++++ Extracted entries ++++
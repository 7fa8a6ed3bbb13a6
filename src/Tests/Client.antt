-- ===== src/Tests/Client.antt =====
-- The theorems on client/src: a file system that keeps the file written last, the node of
-- `Tests/Node.antt`, and a client over both.
use forcerelay_verifier.Prelude.{
  ◌≡◌, refl, subst, true, some, [], ◌∷◌, replicate, bytes_eq, bytes_eq_refl, some-injective,
}
use forcerelay_verifier.Prelude.{
  ◌≢◌, ℕ, false, none, ok, panic, arith, length, min, leb, if◌then◌else◌,
}
use forcerelay_verifier.Prelude.{◌↔◌, ◌≤◌, ◌+◌}
use forcerelay_verifier.Common.{Bytes, Text, latest}
use forcerelay_verifier.Config.Types.{Config}
use forcerelay_verifier.Config.Networks.{mainnet_network}
use forcerelay_verifier.Config.Checkpoints.{fetch_checkpoint_from_api}
use forcerelay_verifier.Consensus.Bootstrap.{check_bootstrap}
use forcerelay_verifier.Consensus.Payloads
use forcerelay_verifier.Consensus.State.{is_valid_checkpoint, new_client}
use forcerelay_verifier.Consensus.Sync
use forcerelay_verifier.Execution.Client as ExecutionClient
use forcerelay_verifier.Client.Node.Updates.{advance, sync, update_payloads}
use forcerelay_verifier.Client.Node.Window.{
  IsWindow, IsBounded, updates-IsWindow, advance-IsBounded,
}
use forcerelay_verifier.Client.Node.Verified.{IsSound, advance-IsSound}
use forcerelay_verifier.Client.Node.Answers.{syncing_same_clock, check_head_age_iff}
use forcerelay_verifier.Client.Node.Queries.{get_payload, syncing, is_syncing, check_head_age}
use forcerelay_verifier.Client.Node.{Node, store_backfill, store_payloads, insert_all}
use forcerelay_verifier.Client.Node.Refines.{view, written, store_refines}
use forcerelay_verifier.Client.Node.Backfill.{update_payloads_latest}
use forcerelay_verifier.Client.Builder.{build_config, new_builder}
use forcerelay_verifier.Client.Start.{Client, World, Attempt, start, save_last_checkpoint}
use forcerelay_verifier.Client.Start.Create.{file_database, create_client}
use forcerelay_verifier.Client.Start.Resume.{create_client-save_last_checkpoint}
use forcerelay_verifier.Client.Start.Sources.{IsSource, start-IsSource}
use forcerelay_verifier.Tests.Light
use forcerelay_verifier.Tests.Ledger
use forcerelay_verifier.Tests.Node.{
  light, ledger, node, servers, node-IsSound, advances, forged, forging_servers, short_node,
  verifies_latest, verifies_finalized, backfills,
}
use forcerelay_verifier.Client.Database.{
  FileSystem, FileDb, KeepsWrites, save_checkpoint, checkpoint_file,
}

abbrev one_file : FileSystem
one_file = record {
  Files = Text × Bytes;
  join = λ folder name. folder;
  create_dir_all = λ folder files. some files;
  overwrite = λ name bytes files. some (name, bytes);
  read_to_end = λ name files. (bytes_eq name files.0, files.1);
}

one_file-KeepsWrites : KeepsWrites one_file
one_file-KeepsWrites name bytes files written e =
    subst (λ w. one_file.read_to_end name w ≡ (true, bytes)) (some-injective e)
      (λ i. (bytes_eq_refl name i, bytes))

abbrev db : FileDb
db = record { data_dir = 0x64 ∷ []; default_checkpoint = replicate 32 0 }

saved :
    save_checkpoint one_file db (replicate 32 7) ([], [])
    ≡ some (checkpoint_file one_file db, replicate 32 7)
unfolding save_checkpoint
saved = refl

updates-IsWindow_example :
    IsWindow (advance servers (λ i. Light.now) node).1
    × IsWindow (sync servers Ledger.rpc (λ i. Light.now) node).1
updates-IsWindow_example =
    updates-IsWindow servers (λ i. Light.now) Ledger.rpc node
      (((tt, tt), (refl, tt)), ((tt, tt), (refl, tt)))

advance-IsBounded_example : IsBounded (advance servers (λ i. Light.now) node).1
advance-IsBounded_example =
    advance-IsBounded servers (λ i. Light.now) node
      (λ i. (advances i, (advance servers (λ j. Light.now) node).1))

advance-IsSound_example : IsSound Light.config Light.root (advance servers (λ i. Light.now) node).1
advance-IsSound_example =
    advance-IsSound Light.config Light.root servers (λ i. Light.now) node node-IsSound

syncing_same_clock_example : syncing 5000 5000 5000 node ≢ ok (is_syncing 7 333 7)
syncing_same_clock_example = syncing_same_clock 5000 5000 node 7 333 7

-- a head at slot 70, five slots before the clock's
abbrev behind : Node
behind = record node { consensus = Light.client }

check_head_age_iff_example : (check_head_age 1900 behind ≡ ok tt) ↔ ((70 ≤ 75) × (75 ≤ 70 + 10))
check_head_age_iff_example =
    check_head_age_iff 1900 behind (omega arith) (omega arith) (omega arith)

update_payloads_latest_example :
    get_payload latest (update_payloads forging_servers short_node).1 ≡ ok forged
update_payloads_latest_example =
    update_payloads_latest forging_servers short_node (Light.payload_at 64) (Light.payload_at 64)
      forged verifies_latest verifies_finalized backfills (omega arith, (omega arith, tt))
      (omega arith)

-- With a network and one RPC address, a build panics.
half_built :
    build_config (record new_builder { network = some mainnet_network; consensus_rpc = some [] })
    ≡ panic
unfolding build_config
half_built = refl

abbrev advanced_client : Client (file_database one_file)
advanced_client = record {
  node = record node {
    consensus = record node.consensus { last_checkpoint = some (replicate 32 7) };
  };
  rpc = none;
  db = db;
  fallback = some (1 ∷ []);
  load_external_fallback = false;
  disk = some ([], []);
}

saves :
    (save_last_checkpoint advanced_client).disk ≡ some (checkpoint_file one_file db, replicate 32 7)
unfolding save_last_checkpoint save_checkpoint
saves = refl

abbrev next_config : Config
next_config = record Light.config { data_dir = some (0x64 ∷ []) }

create_client-save_last_checkpoint_example :
    (next : Client (file_database one_file)) × (create_client
        (file_database one_file)
        next_config
        (ok tt)
        (checkpoint_file one_file db, replicate 32 7)
      ≡ ok next)
    × (next.node.consensus.initial_checkpoint ≡ replicate 32 7)
create_client-save_last_checkpoint_example =
    create_client-save_last_checkpoint one_file advanced_client next_config (ok tt) (replicate 32 7)
      ([], []) (checkpoint_file one_file db, replicate 32 7) one_file-KeepsWrites refl refl refl
      saves refl refl

-- no bootstrap is young enough ten years later, and the fallback service gives another root
abbrev late : Attempt
late = record {
  servers = servers;
  execution_rpc = record Ledger.rpc { chain_id = ok 5 };
  clock = λ i. 400_000_000;
}

abbrev world : World
world = record {
  listens = true;
  first_attempt = late;
  fallback_attempt = late;
  external_attempt = late;
  query = λ url. some (record {
    response_data = record {
      slots =
          record {
            slot = 64;
            block_root = some (replicate 32 9);
            state_root = none;
            epoch = 2;
            time = record { start_time = []; end_time = [] };
          }
          ∷ [];
    };
  });
  iterate = λ m. m;
  service_list = none;
}

start-IsSource_example :
    IsSource world advanced_client (start world advanced_client).1.node.consensus.initial_checkpoint
start-IsSource_example = start-IsSource world advanced_client

-- The client takes the fallback's checkpoint, and finds that one too old as well.
falls_back : (start world advanced_client).1.node.consensus.initial_checkpoint ≡ replicate 32 9
unfolding start sync ExecutionClient.check_rpc Payloads.check_rpc Sync.sync Sync.boot
    check_bootstrap is_valid_checkpoint fetch_checkpoint_from_api new_client
falls_back = refl

store_refines_example :
    (length
        (store_backfill
          (forged ∷ [])
          (store_payloads (Light.payload_at 64) (Light.payload_at 64) node)).payloads
      ≡ min 64 (
          length
            (insert_all (Light.payload_at 64 ∷ Light.payload_at 64 ∷ forged ∷ []) node.payloads)))
    × ((bound : ℕ) × ((k : ℕ)
          → view
              (store_backfill
                (forged ∷ [])
                (store_payloads (Light.payload_at 64) (Light.payload_at 64) node)).payloads
              k
            ≡ (if leb bound k
                then written
                    (Light.payload_at 64 ∷ Light.payload_at 64 ∷ forged ∷ [])
                    (view node.payloads)
                    k
                else none)))
store_refines_example =
    store_refines (Light.payload_at 64) (Light.payload_at 64) (forged ∷ []) node
      (((tt, tt), (refl, tt)), ((tt, tt), (refl, tt)))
++++
Could you write out, exactly as they stand, only the lines above that begin at the line with "overwrite = λ" and stop after the line with "syncing_same_clock_example : syncing"?

== Solution below ==
  overwrite = λ name bytes files. some (name, bytes);
  read_to_end = λ name files. (bytes_eq name files.0, files.1);
}

one_file-KeepsWrites : KeepsWrites one_file
one_file-KeepsWrites name bytes files written e =
    subst (λ w. one_file.read_to_end name w ≡ (true, bytes)) (some-injective e)
      (λ i. (bytes_eq_refl name i, bytes))

abbrev db : FileDb
db = record { data_dir = 0x64 ∷ []; default_checkpoint = replicate 32 0 }

saved :
    save_checkpoint one_file db (replicate 32 7) ([], [])
    ≡ some (checkpoint_file one_file db, replicate 32 7)
unfolding save_checkpoint
saved = refl

updates-IsWindow_example :
    IsWindow (advance servers (λ i. Light.now) node).1
    × IsWindow (sync servers Ledger.rpc (λ i. Light.now) node).1
updates-IsWindow_example =
    updates-IsWindow servers (λ i. Light.now) Ledger.rpc node
      (((tt, tt), (refl, tt)), ((tt, tt), (refl, tt)))

advance-IsBounded_example : IsBounded (advance servers (λ i. Light.now) node).1
advance-IsBounded_example =
    advance-IsBounded servers (λ i. Light.now) node
      (λ i. (advances i, (advance servers (λ j. Light.now) node).1))

advance-IsSound_example : IsSound Light.config Light.root (advance servers (λ i. Light.now) node).1
advance-IsSound_example =
    advance-IsSound Light.config Light.root servers (λ i. Light.now) node node-IsSound

syncing_same_clock_example : syncing 5000 5000 5000 node ≢ ok (is_syncing 7 333 7)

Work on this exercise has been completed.